> _WORK TO BE COMPLETED_
Exact reproduction required: the lines below from the line with "Does-captured (some none) = Does-raise" to the line with "Does-handle (some rawkeys)", both ends included, and no others.
(INFORMATION PROVIDED)
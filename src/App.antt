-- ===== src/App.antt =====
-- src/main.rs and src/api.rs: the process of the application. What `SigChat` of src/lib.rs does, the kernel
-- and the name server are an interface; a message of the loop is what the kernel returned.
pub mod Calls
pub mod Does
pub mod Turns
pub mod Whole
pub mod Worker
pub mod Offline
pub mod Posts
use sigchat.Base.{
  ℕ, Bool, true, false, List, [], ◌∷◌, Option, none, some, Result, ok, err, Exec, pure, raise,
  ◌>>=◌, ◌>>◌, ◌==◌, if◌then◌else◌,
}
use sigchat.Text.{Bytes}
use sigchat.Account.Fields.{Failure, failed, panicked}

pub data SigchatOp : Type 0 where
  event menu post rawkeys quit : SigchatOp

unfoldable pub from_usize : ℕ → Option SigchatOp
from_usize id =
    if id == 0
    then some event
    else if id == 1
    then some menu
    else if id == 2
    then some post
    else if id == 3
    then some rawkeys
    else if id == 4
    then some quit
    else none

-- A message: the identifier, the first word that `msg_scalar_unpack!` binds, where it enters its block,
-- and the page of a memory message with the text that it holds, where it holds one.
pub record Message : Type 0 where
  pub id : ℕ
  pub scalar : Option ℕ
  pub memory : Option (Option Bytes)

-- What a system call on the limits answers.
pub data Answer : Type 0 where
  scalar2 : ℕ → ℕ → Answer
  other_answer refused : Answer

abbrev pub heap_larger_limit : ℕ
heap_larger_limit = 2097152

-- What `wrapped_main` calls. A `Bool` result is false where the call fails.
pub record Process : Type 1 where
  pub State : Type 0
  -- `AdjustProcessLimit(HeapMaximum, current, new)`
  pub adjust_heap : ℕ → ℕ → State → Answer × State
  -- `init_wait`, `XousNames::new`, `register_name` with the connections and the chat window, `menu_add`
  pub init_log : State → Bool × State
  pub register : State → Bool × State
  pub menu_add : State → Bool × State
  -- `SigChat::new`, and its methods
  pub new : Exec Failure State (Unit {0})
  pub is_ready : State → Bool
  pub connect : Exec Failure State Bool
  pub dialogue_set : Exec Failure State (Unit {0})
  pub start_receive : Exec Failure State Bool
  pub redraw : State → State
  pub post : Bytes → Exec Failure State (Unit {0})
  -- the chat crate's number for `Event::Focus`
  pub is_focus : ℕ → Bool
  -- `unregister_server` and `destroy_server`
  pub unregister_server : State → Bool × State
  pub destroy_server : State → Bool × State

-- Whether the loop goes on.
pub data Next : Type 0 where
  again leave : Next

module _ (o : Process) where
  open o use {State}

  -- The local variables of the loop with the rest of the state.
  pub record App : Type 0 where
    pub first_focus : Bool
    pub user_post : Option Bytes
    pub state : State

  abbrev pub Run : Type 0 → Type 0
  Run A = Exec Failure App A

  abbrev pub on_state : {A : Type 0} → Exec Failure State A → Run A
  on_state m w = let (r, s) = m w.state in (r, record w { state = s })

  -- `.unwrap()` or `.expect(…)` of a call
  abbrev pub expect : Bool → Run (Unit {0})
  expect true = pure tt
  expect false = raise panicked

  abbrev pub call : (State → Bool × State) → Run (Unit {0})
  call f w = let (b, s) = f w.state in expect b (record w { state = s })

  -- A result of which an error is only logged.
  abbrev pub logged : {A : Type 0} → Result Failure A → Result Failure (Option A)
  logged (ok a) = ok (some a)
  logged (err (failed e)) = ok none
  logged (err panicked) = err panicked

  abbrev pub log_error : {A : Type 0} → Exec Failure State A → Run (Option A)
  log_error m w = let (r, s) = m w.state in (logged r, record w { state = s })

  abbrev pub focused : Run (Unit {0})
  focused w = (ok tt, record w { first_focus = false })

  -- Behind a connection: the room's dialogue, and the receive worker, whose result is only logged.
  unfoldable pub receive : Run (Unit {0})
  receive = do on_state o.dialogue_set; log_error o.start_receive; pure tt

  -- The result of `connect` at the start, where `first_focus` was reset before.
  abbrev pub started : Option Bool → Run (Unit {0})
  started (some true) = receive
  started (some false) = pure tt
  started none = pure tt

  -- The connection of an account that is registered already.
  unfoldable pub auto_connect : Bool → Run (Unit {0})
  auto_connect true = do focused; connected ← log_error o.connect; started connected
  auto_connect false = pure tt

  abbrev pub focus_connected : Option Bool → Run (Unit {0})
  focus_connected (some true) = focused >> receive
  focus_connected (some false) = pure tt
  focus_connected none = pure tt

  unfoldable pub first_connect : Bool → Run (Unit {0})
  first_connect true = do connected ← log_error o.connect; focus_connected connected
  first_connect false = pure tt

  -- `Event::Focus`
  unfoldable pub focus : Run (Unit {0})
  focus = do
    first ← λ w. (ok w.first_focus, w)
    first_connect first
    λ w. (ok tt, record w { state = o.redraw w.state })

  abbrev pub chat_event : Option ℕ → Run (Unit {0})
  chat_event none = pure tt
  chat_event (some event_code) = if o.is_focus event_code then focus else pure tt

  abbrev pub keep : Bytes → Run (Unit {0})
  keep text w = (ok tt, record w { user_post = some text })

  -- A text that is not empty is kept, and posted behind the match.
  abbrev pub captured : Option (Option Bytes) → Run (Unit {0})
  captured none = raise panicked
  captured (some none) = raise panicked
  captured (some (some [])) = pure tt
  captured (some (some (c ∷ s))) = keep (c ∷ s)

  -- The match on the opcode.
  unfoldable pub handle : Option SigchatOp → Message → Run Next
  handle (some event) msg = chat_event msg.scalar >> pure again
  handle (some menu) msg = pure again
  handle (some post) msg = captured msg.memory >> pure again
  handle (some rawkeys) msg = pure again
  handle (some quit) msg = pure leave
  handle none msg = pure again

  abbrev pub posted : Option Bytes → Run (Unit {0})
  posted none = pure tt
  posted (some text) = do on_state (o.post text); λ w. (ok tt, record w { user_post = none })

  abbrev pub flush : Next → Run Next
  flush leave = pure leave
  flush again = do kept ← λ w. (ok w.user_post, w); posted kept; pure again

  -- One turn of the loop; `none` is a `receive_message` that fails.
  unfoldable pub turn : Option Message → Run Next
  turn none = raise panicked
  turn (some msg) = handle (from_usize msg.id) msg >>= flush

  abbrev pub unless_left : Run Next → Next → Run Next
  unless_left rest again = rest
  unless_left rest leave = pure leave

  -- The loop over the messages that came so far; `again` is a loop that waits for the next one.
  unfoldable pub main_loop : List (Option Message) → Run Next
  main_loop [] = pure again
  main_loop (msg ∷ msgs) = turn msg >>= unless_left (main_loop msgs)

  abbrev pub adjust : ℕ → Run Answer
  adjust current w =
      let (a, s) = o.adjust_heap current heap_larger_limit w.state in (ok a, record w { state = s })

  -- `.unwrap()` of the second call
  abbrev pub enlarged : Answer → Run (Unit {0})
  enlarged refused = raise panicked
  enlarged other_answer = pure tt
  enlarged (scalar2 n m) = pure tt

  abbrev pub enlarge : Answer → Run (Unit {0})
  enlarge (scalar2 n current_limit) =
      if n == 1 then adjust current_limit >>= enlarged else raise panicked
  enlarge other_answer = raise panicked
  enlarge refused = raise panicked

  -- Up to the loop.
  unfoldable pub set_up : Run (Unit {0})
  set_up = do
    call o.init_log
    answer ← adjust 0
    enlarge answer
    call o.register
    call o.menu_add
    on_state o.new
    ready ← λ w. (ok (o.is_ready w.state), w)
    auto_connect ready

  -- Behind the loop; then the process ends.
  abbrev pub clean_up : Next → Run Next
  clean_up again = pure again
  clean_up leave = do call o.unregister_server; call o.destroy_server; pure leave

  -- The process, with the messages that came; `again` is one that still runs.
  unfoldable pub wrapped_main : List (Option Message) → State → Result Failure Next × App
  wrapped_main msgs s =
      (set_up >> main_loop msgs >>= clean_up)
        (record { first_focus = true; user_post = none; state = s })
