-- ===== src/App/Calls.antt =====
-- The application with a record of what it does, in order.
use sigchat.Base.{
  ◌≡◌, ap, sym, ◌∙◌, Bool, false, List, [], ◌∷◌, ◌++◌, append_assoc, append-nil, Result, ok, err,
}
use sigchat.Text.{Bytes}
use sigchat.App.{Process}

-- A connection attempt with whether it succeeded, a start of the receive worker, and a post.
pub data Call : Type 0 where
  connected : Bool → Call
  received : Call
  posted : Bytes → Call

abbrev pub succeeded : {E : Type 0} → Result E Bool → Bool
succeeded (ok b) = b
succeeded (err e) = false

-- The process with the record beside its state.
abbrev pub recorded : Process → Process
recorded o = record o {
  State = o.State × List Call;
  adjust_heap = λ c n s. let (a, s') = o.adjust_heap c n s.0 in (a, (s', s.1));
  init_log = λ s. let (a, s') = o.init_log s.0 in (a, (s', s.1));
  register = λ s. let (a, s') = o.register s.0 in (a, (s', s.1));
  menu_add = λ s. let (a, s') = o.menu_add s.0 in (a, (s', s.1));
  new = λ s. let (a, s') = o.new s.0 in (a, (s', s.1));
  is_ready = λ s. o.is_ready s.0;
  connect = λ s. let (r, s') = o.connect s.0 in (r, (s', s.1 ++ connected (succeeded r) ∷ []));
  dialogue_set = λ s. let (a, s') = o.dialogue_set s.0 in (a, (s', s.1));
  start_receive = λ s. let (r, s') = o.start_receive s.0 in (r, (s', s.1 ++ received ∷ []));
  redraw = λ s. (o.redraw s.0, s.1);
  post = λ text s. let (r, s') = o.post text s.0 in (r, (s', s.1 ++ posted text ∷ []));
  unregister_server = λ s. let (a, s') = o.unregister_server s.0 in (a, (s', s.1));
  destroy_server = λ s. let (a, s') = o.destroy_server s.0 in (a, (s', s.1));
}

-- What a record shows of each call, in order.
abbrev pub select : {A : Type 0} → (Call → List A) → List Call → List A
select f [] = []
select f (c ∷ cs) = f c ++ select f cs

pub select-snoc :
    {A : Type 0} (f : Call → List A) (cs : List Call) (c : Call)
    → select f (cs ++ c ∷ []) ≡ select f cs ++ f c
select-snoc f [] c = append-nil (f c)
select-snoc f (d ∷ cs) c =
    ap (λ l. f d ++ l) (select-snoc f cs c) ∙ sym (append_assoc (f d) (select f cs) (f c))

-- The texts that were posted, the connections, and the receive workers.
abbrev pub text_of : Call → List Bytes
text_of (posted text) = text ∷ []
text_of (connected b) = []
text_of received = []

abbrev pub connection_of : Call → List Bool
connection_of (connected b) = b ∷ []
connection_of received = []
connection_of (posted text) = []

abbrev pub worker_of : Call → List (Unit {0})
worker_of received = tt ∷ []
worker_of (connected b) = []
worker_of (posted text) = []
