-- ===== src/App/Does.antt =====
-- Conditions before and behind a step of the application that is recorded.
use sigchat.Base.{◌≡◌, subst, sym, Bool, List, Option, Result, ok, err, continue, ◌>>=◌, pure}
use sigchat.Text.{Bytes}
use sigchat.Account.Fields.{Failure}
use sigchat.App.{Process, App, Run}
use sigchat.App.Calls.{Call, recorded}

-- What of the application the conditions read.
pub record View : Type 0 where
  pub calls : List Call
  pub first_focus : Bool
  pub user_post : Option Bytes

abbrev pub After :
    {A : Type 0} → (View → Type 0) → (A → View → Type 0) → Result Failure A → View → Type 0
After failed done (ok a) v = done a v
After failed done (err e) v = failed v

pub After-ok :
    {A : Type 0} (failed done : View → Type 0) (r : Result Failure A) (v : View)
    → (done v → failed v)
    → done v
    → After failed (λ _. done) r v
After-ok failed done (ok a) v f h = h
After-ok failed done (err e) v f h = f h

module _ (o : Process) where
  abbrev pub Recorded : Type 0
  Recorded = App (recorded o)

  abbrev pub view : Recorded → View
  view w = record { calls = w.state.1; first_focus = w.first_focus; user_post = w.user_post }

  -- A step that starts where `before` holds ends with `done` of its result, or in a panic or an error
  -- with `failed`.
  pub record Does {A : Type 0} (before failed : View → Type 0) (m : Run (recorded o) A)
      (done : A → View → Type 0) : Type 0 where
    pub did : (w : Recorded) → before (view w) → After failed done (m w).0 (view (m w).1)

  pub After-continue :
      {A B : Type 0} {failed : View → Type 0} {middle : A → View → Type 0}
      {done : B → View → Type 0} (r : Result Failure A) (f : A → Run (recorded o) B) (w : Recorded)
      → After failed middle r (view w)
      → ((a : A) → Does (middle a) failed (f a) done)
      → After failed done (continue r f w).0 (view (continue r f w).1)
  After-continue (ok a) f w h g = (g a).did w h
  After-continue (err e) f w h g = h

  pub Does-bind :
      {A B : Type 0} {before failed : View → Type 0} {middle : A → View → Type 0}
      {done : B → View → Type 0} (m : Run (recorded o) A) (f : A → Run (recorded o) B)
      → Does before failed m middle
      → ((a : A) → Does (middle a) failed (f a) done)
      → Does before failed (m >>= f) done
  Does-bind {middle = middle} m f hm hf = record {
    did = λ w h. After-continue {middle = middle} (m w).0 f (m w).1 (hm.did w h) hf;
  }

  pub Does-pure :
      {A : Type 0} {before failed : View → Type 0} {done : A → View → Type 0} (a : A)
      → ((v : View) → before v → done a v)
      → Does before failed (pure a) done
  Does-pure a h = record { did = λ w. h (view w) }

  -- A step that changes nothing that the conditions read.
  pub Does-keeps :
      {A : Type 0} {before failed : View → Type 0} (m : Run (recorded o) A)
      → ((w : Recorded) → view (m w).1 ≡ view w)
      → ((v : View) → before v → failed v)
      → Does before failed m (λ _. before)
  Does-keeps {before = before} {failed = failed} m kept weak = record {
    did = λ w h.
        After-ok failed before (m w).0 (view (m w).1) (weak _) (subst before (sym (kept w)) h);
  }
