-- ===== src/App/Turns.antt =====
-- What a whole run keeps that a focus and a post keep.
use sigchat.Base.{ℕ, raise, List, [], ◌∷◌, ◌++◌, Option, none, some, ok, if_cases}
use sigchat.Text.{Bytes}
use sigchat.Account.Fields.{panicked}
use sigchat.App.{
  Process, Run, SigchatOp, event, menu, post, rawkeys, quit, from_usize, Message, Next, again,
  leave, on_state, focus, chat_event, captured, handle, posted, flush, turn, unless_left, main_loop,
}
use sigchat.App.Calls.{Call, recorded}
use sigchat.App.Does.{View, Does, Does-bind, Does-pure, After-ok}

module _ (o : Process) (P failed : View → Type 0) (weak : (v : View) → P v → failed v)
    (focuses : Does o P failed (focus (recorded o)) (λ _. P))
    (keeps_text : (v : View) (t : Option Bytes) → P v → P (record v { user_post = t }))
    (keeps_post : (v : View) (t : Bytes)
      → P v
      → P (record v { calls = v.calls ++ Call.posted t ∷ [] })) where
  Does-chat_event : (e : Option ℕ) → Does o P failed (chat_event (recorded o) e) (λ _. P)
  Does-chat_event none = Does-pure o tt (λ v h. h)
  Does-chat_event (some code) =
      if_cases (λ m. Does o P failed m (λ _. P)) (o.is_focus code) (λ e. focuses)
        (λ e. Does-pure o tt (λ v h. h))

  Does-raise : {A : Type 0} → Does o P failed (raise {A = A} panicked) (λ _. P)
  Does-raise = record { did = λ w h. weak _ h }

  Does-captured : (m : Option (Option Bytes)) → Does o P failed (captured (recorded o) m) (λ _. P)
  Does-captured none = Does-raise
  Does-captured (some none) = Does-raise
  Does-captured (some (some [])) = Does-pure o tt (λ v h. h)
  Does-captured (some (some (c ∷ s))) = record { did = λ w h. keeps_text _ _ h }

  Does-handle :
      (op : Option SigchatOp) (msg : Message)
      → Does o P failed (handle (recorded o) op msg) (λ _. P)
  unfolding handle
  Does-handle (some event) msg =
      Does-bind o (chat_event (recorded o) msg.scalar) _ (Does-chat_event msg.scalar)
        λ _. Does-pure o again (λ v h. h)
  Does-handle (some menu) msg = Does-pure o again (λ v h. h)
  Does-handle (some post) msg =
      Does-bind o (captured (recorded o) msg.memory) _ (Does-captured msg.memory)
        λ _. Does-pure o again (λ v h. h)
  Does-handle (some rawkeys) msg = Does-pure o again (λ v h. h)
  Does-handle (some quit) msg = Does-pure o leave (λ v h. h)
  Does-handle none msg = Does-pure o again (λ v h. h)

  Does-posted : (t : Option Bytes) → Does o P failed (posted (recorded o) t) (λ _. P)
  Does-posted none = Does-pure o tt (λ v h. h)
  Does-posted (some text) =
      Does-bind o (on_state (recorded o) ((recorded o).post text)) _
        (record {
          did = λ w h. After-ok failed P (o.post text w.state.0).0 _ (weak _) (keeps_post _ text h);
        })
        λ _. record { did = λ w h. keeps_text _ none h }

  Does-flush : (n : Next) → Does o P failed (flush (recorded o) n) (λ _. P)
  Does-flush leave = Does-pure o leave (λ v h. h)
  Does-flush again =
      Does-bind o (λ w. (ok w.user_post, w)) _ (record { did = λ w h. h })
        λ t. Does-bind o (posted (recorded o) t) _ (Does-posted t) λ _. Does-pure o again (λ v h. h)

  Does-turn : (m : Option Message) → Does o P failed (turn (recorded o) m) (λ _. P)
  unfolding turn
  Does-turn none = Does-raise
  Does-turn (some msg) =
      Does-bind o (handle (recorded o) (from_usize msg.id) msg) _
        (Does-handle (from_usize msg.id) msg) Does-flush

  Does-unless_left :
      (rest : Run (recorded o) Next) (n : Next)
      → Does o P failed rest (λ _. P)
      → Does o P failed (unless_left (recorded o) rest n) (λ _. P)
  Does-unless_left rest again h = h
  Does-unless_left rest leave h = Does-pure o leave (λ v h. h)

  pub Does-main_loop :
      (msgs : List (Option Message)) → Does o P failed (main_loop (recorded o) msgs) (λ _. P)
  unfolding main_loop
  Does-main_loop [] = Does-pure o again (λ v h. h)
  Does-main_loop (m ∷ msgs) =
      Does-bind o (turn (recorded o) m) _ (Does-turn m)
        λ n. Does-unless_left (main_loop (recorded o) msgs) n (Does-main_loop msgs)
(End INFORMATION PROVIDED)
> _SOLVED PROBLEM_
  Does-captured (some none) = Does-raise
  Does-captured (some (some [])) = Does-pure o tt (λ v h. h)
  Does-captured (some (some (c ∷ s))) = record { did = λ w h. keeps_text _ _ h }

  Does-handle :
      (op : Option SigchatOp) (msg : Message)
      → Does o P failed (handle (recorded o) op msg) (λ _. P)
  unfolding handle
  Does-handle (some event) msg =
      Does-bind o (chat_event (recorded o) msg.scalar) _ (Does-chat_event msg.scalar)
        λ _. Does-pure o again (λ v h. h)
  Does-handle (some menu) msg = Does-pure o again (λ v h. h)
  Does-handle (some post) msg =
      Does-bind o (captured (recorded o) msg.memory) _ (Does-captured msg.memory)
        λ _. Does-pure o again (λ v h. h)
  Does-handle (some rawkeys) msg = Does-pure o again (λ v h. h)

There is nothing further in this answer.